Nobel prize-winning virologist Harold Varmus, Nobel prize-winning economist Bengt Holmström, the editors-in-chief of The Lancet and Nature, and more than 100 of the world’s top scientists signed an open letter that states that “fabric mask use in public places could be amongst the most powerful tools to stop the community spread of COVID-19”.
Masks could be the difference between success and failure in controlling the pandemic and saving the economy. Many papers, including those based on mathematical and computer models, global studies, and analysis of US states, estimate that if most people wear a mask with other simple measures like physical distancing, COVID-19 transmission can be greatly curtailed, or even halted. Goldman Sachs estimates the value of a mask mandate in the US would prevent a GDP loss of $US1 trillion.
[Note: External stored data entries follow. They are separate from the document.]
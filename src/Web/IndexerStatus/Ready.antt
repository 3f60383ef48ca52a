-- ===== src/Web/IndexerStatus/Ready.antt =====
-- apps/web/server/xcs/indexer-status.ts: the rows that the indexer stores, and those that the API
-- server answers from.
use xcs.Common.{
  ℕ, ◌≡◌, ◌↔◌, refl, Text, true, not, ◌&&◌, Option, none, some, ok, and_true, arith, guard-eq-ok,
  >>=-eq-ok,
}
use xcs.Indexer.Status.{
  IndexerStatusState, starting, catching_up, ready, halted, IndexerStatusRow, is_some, tip_check,
  agreed_ledger_check, least_check, ready_shape_check, status_checks,
}
use xcs.Indexer.Fencing.{expires_after}
use xcs.Indexer.Fencing.Rows.{RowChecks}
use xcs.Web.IndexerStatus.{
  require_ready_state, has_ready_evidence, expired_at, assert_indexer_ready,
}

evidence :
    (p s i : Option ℕ) (h : Option Text)
    → tip_check p ≡ true
    → tip_check s ≡ true
    → agreed_ledger_check i h ≡ true
    → least_check p s i ≡ true
    → has_ready_evidence p s i h ≡ true
unfolding tip_check agreed_ledger_check least_check has_ready_evidence
evidence (some p) (some s) (some i) (some h) tip tip2 agreed least = ground arith
evidence none s i h tip tip2 agreed least = cc
evidence (some p) none i h tip tip2 agreed least = cc
evidence (some p) (some s) none h tip tip2 agreed least = cc
evidence (some p) (some s) (some i) none tip tip2 agreed least = cc

alive :
    (expires : Option ℕ) (now : ℕ)
    → (not (expired_at expires now) ≡ true) ↔ (expires_after expires now ≡ true)
alive none now = (λ h. cc, λ h. cc)
alive (some e) now = (λ h. ground arith, λ h. ground arith)

ready_only : (s : IndexerStatusState) → (require_ready_state s ≡ ok tt) ↔ (s ≡ ready)
unfolding require_ready_state
ready_only starting = (λ h. cc, λ h. cc)
ready_only catching_up = (λ h. cc, λ h. cc)
ready_only ready = (λ h. refl, λ h. refl)
ready_only halted = (λ h. cc, λ h. cc)

-- what the CHECK constraints say of a row that is ready
ready_row :
    (row : IndexerStatusRow)
    → RowChecks row
    → row.status.state ≡ ready
    → (has_ready_evidence row.status.primary_source_tip row.status.secondary_source_tip
          row.status.last_agreed_ledger_index row.status.last_agreed_ledger_hash
        ≡ true)
      × (is_some row.writer_id ≡ true)
unfolding status_checks ready_shape_check
ready_row row checks e =
    let (tip, c1) = and_true (tip_check row.status.primary_source_tip) _ checks.status in
    let (tip2, c2) = and_true (tip_check row.status.secondary_source_tip) _ c1 in
    let (agreed, c3) =
      and_true
        (agreed_ledger_check row.status.last_agreed_ledger_index row.status.last_agreed_ledger_hash)
        _ c2 in
    let shape = rw e at checks.ready_shape in
    let (least, s1) =
      and_true
        (least_check row.status.primary_source_tip row.status.secondary_source_tip
          row.status.last_agreed_ledger_index)
        _ shape in
    let (hash, s2) = and_true (is_some row.status.last_agreed_ledger_hash) _ s1 in
    let (writer, s3) = and_true (is_some row.writer_id) _ s2 in
    (evidence _ _ _ _ tip tip2 agreed least, writer)

-- Of a row that passes the CHECK constraints of the table, `assertIndexerReady` accepts exactly the
-- states `ready` of a writer whose lease is not over; its test of the evidence never fails on such a
-- row.
pub assert_indexer_ready_iff :
    (row : IndexerStatusRow) (now : ℕ)
    → RowChecks row
    → (assert_indexer_ready (some row) now ≡ ok tt)
      ↔ ((row.status.state ≡ ready) × (expires_after row.lease_expires_at now ≡ true))
unfolding assert_indexer_ready
assert_indexer_ready_iff row now checks = (
  λ h.
      let (done, state, rest) = >>=-eq-ok (require_ready_state row.status.state) _ h in
      let (lease, last) =
        guard-eq-ok (is_some row.writer_id && not (expired_at row.lease_expires_at now)) _ _ rest in
      let (writer, live) = and_true (is_some row.writer_id) _ lease in
      ((ready_only row.status.state).0 state, (alive row.lease_expires_at now).0 live),
  λ (state, live).
      let (shown, writer) = ready_row row checks state in
      rw
        (
          (ready_only row.status.state).1 state,
          writer,
          (alive row.lease_expires_at now).1 live,
          shown,
        )
        refl,
)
The government currently only recommends mask use for those with symptoms. But this misunderstands how the virus can spread. Masks in the community are primarily for “source control” – that is, sick people wearing masks to avoid them infecting others. Nearly half of infections come from people who don’t know they are sick. Infectiousness is greatest before symptoms even appear.
The use of masks for source control is very different to the use of masks to protect the wearer, which is known as “PPE” (personal protective equipment). The vast majority of research has focused on PPE, and doctors’ training in Australia largely focuses on PPE, not source control. Therefore, a lot of older science, and medical intuition, is based on an “inside out” view of the problem. Whereas effective PPE requires specialised masks, simple cloth masks are likely to be effective for source control. Even a simple piece of cotton blocks 99 per cent of the speech droplets that are believed to spread the virus.
Nearly half of infections come from people who don’t know they are sick. Infectiousness is greatest before symptoms even appear.
Wearing a mask does not mean you mustn’t physically distance. The virus can spread by coughing or even talking, can travel for more than three metres and stay in the air for hours if there is poor ventilation. The further you distance from others, the greater you are protected. Keeping a metre apart reduces the risk of catching the virus by about 80 per cent, and for every added metre you stay apart, the protection against catching the virus increases. But when indoors, keeping three metres apart often isn’t practical.
The idea that widespread wearing of masks means people feel too secure and will ignore other important measures is the same argument that has been made in the past for seatbelts, motorbike helmets and skiing helmets. The arguments haven’t held up.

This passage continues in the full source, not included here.